YOUR ASSIGNMENT
Below are the entries to work from; restate word for word the portion that opens with the line containing "abbrev pub line_feed : ℕ" and closes with the line containing "has_cr-select : (p", keeping both.

RECORDS SHOWN Block Start

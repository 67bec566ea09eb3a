-- ===== src/Exports/Texts.antt =====
-- `cleanText` of internal/features/exports/gedcom/gedcom.go: the text of a payload, with every line break
-- a line feed and no other control character than the tab.
use family_tree_app.Prelude.{
  ℕ, ◌≡◌, refl, Bool, false, not, ◌&&◌, ◌||◌, [], ◌∷◌, Text, leb, ◌==◌, if◌then◌else◌, select, any,
  Bool-cases, inl, inr, arith,
}

abbrev pub line_feed : ℕ
line_feed = 10

abbrev pub carriage_return : ℕ
carriage_return = 13

unfoldable pub starts_with : ℕ → Text → Bool
starts_with c [] = false
starts_with c (d ∷ s) = d == c

-- `strings.ReplaceAll(value, "\r\n", "\n")`: a carriage return before a line feed goes.
unfoldable pub replace_crlf : Text → Text
unfolding starts_with
replace_crlf [] = []
replace_crlf (c ∷ s) =
    let rest = replace_crlf s in
    if (c == carriage_return) && starts_with line_feed s then rest else c ∷ rest

-- `strings.ReplaceAll(value, "\r", "\n")`.
unfoldable pub replace_cr : Text → Text
replace_cr [] = []
replace_cr (c ∷ s) = (if c == carriage_return then line_feed else c) ∷ replace_cr s

-- `unicode.IsControl`.
unfoldable pub is_control : ℕ → Bool
is_control c = leb c 0x1f || (leb 0x7f c && leb c 0x9f)

-- The characters that the mapping keeps.
unfoldable pub is_kept : ℕ → Bool
unfolding is_control
is_kept c =
    (c == line_feed)
    || (c == 9)
    || not (is_control c || (c == 0x7f) || (c == 0xfffe) || (c == 0xffff))

unfoldable pub clean_text : Text → Text
unfolding replace_crlf replace_cr is_kept select
clean_text value = select is_kept (replace_cr (replace_crlf value))

abbrev pub has_cr : Text → Bool
has_cr s = any (λ c. c == carriage_return) s

has_cr-replace_cr : (s : Text) → has_cr (replace_cr s) ≡ false
unfolding any replace_cr
has_cr-replace_cr [] = refl
has_cr-replace_cr (c ∷ s) = ground (arith, has_cr-replace_cr s)

has_cr-select : (p : ℕ → Bool) (s : Text) → has_cr s ≡ false → has_cr (select p s) ≡ false
unfolding any select
has_cr-select p [] h = refl
has_cr-select p (c ∷ s) h =
    let rest : has_cr s ≡ false = ground arith in ground (arith, has_cr-select p s rest)

-- No carriage return is left in a cleaned text.
pub has_cr-clean_text : (s : Text) → has_cr (clean_text s) ≡ false
unfolding clean_text
has_cr-clean_text s =
    has_cr-select is_kept (replace_cr (replace_crlf s)) (has_cr-replace_cr (replace_crlf s))

replace_crlf-same : (s : Text) → has_cr s ≡ false → replace_crlf s ≡ s
unfolding any replace_crlf
replace_crlf-same [] h = refl
replace_crlf-same (c ∷ s) h =
    let rest : has_cr s ≡ false = ground arith in ground (arith, replace_crlf-same s rest)

replace_cr-same : (s : Text) → has_cr s ≡ false → replace_cr s ≡ s
unfolding any replace_cr
replace_cr-same [] h = refl
replace_cr-same (c ∷ s) h =
    let rest : has_cr s ≡ false = ground arith in ground (arith, replace_cr-same s rest)

select_idem : (p : ℕ → Bool) (s : Text) → select p (select p s) ≡ select p s
unfolding select
select_idem p [] = refl
select_idem p (c ∷ s) = elim (Bool-cases (p c)) [
  | inl e ↦ ground (arith, e, select_idem p s)
  | inr e ↦ ground (arith, e, select_idem p s)
]

-- Cleaning a cleaned text changes nothing.
pub clean_text_idem : (s : Text) → clean_text (clean_text s) ≡ clean_text s
unfolding clean_text
clean_text_idem s =
    let t : Text = clean_text s in
    rw (replace_crlf-same t (has_cr-clean_text s), replace_cr-same t (has_cr-clean_text s))
      (select_idem is_kept (replace_cr (replace_crlf s)))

RECORDS SHOWN Block End

SOLUTION
abbrev pub line_feed : ℕ
line_feed = 10

abbrev pub carriage_return : ℕ
carriage_return = 13

unfoldable pub starts_with : ℕ → Text → Bool
starts_with c [] = false
starts_with c (d ∷ s) = d == c

-- `strings.ReplaceAll(value, "\r\n", "\n")`: a carriage return before a line feed goes.
unfoldable pub replace_crlf : Text → Text
unfolding starts_with
replace_crlf [] = []
replace_crlf (c ∷ s) =
    let rest = replace_crlf s in
    if (c == carriage_return) && starts_with line_feed s then rest else c ∷ rest

-- `strings.ReplaceAll(value, "\r", "\n")`.
unfoldable pub replace_cr : Text → Text
replace_cr [] = []
replace_cr (c ∷ s) = (if c == carriage_return then line_feed else c) ∷ replace_cr s

-- `unicode.IsControl`.
unfoldable pub is_control : ℕ → Bool
is_control c = leb c 0x1f || (leb 0x7f c && leb c 0x9f)

-- The characters that the mapping keeps.
unfoldable pub is_kept : ℕ → Bool
unfolding is_control
is_kept c =
    (c == line_feed)
    || (c == 9)
    || not (is_control c || (c == 0x7f) || (c == 0xfffe) || (c == 0xffff))

unfoldable pub clean_text : Text → Text
unfolding replace_crlf replace_cr is_kept select
clean_text value = select is_kept (replace_cr (replace_crlf value))

abbrev pub has_cr : Text → Bool
has_cr s = any (λ c. c == carriage_return) s

has_cr-replace_cr : (s : Text) → has_cr (replace_cr s) ≡ false
unfolding any replace_cr
has_cr-replace_cr [] = refl
has_cr-replace_cr (c ∷ s) = ground (arith, has_cr-replace_cr s)

has_cr-select : (p : ℕ → Bool) (s : Text) → has_cr s ≡ false → has_cr (select p s) ≡ false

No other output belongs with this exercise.